| Instructions for the task |
Each line from the first down to the one containing "module _ (lib : NameLib) where" should be returned exactly as it appears below.
[[ Data, beginning ]]
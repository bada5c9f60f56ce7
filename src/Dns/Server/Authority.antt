-- ===== src/Dns/Server/Authority.antt =====
-- What the authority section of internal/dns/handler.go holds, and the answer to ANY.
use lamund.Prelude.{
  ℕ, ◌≡◌, refl, ◌≢◌, ◌⊎◌, inl, inr, Bool, not, ◌&&◌, List, [], ◌∷◌, arith, ◌==◌, Bool-cases, Bytes,
  beq, any,
}
use lamund.Dns.Types.{NameLib, Rr, type_soa, type_any, type_ns, type_cname}
use lamund.Dns.Zones.{Zone, zone_soa, zone_ns, zone_match}
use lamund.Dns.Server.{Msg, any_answer, by_ns, by_cname, by_records, or_next, answer_in, negative}

module _ (lib : NameLib) where
  -- The authority section is empty, or it holds one SOA record and nothing is answered.
  abbrev pub IsClosed : Msg → Type 0
  IsClosed m =
      (m.authority ≡ [])
      ⊎ ((m.answer ≡ []) × ((rr : Rr) × (m.authority ≡ rr ∷ []) × (rr.rrtype ≡ type_soa)))

  or_next-IsClosed :
      (rrs : List Rr) (next m : Msg)
      → m.authority ≡ []
      → IsClosed next
      → IsClosed (or_next lib rrs next m)
  or_next-IsClosed [] next m h k = k
  or_next-IsClosed (rr ∷ rrs) next m h k = inl h

  module _ (zone : Zone) (qname : Bytes) (qtype : ℕ) (m : Msg) (blank : m.answer ≡ [])
      (bare : m.authority ≡ []) where
    negative-IsClosed : (matched : Bool) → IsClosed (negative lib zone matched m)
    unfolding negative zone_soa
    negative-IsClosed matched = inr (blank, (zone_soa lib zone, rw bare refl, refl))

    by_records-IsClosed : IsClosed (by_records lib zone qname qtype m)
    unfolding by_records by_cname
    by_records-IsClosed =
        let matched = (zone_match lib zone qname qtype).1 in
        or_next-IsClosed (zone_match lib zone qname qtype).0 _ m bare
          (elim (Bool-cases (not (qtype == type_cname))) [
            | inl other ↦ rw other (
                or_next-IsClosed (zone_match lib zone qname type_cname).0 _ m bare
                  (negative-IsClosed matched))
            | inr same ↦ rw same (negative-IsClosed matched)
          ])

    pub answer_in-IsClosed : IsClosed (answer_in lib zone qname qtype m)
    unfolding answer_in by_ns any_answer
    answer_in-IsClosed = elim (Bool-cases (qtype == type_any)) [
      | inl any ↦ rw any (inl bare)
      | inr specific ↦ elim (Bool-cases (beq qname (lib.fqdn zone.apex) && qtype == type_soa)) [
        | inl apex ↦ rw (specific, apex) (inl bare)
        | inr other ↦ elim (Bool-cases (beq qname (lib.fqdn zone.apex) && qtype == type_ns)) [
          | inl ns ↦
              rw (specific, other, ns)
                (or_next-IsClosed (zone_ns lib zone) _ m bare by_records-IsClosed)
          | inr no_ns ↦ rw (specific, other, no_ns) by_records-IsClosed
        ]
      ]
    ]

  -- Nothing more than one record answers a question of type ANY.
  abbrev pub IsMinimal : ℕ → Msg → Type 0
  IsMinimal qtype m = (qtype ≢ type_any) ⊎ ((m.answer ≡ []) ⊎ ((rr : Rr) × (m.answer ≡ rr ∷ [])))

  pub answer_in-IsMinimal :
      (zone : Zone) (qname : Bytes) (qtype : ℕ) (m : Msg)
      → m.answer ≡ []
      → IsMinimal qtype (answer_in lib zone qname qtype m)
  unfolding answer_in any_answer
  answer_in-IsMinimal zone qname qtype m blank = elim (Bool-cases (qtype == type_any)) [
    | inl any ↦ rw (any, blank) (inr (inr (_, refl)))
    | inr specific ↦ inl (λ e. ground (arith, specific, e))
  ]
[[ Data, end ]]
| Answer for the task |
repository bada5c9f60f56ce7
filename src/Dns/Server/Authority.antt
-- ===== src/Dns/Server/Authority.antt =====
-- What the authority section of internal/dns/handler.go holds, and the answer to ANY.
use lamund.Prelude.{
  ℕ, ◌≡◌, refl, ◌≢◌, ◌⊎◌, inl, inr, Bool, not, ◌&&◌, List, [], ◌∷◌, arith, ◌==◌, Bool-cases, Bytes,
  beq, any,
}
use lamund.Dns.Types.{NameLib, Rr, type_soa, type_any, type_ns, type_cname}
use lamund.Dns.Zones.{Zone, zone_soa, zone_ns, zone_match}
use lamund.Dns.Server.{Msg, any_answer, by_ns, by_cname, by_records, or_next, answer_in, negative}

module _ (lib : NameLib) where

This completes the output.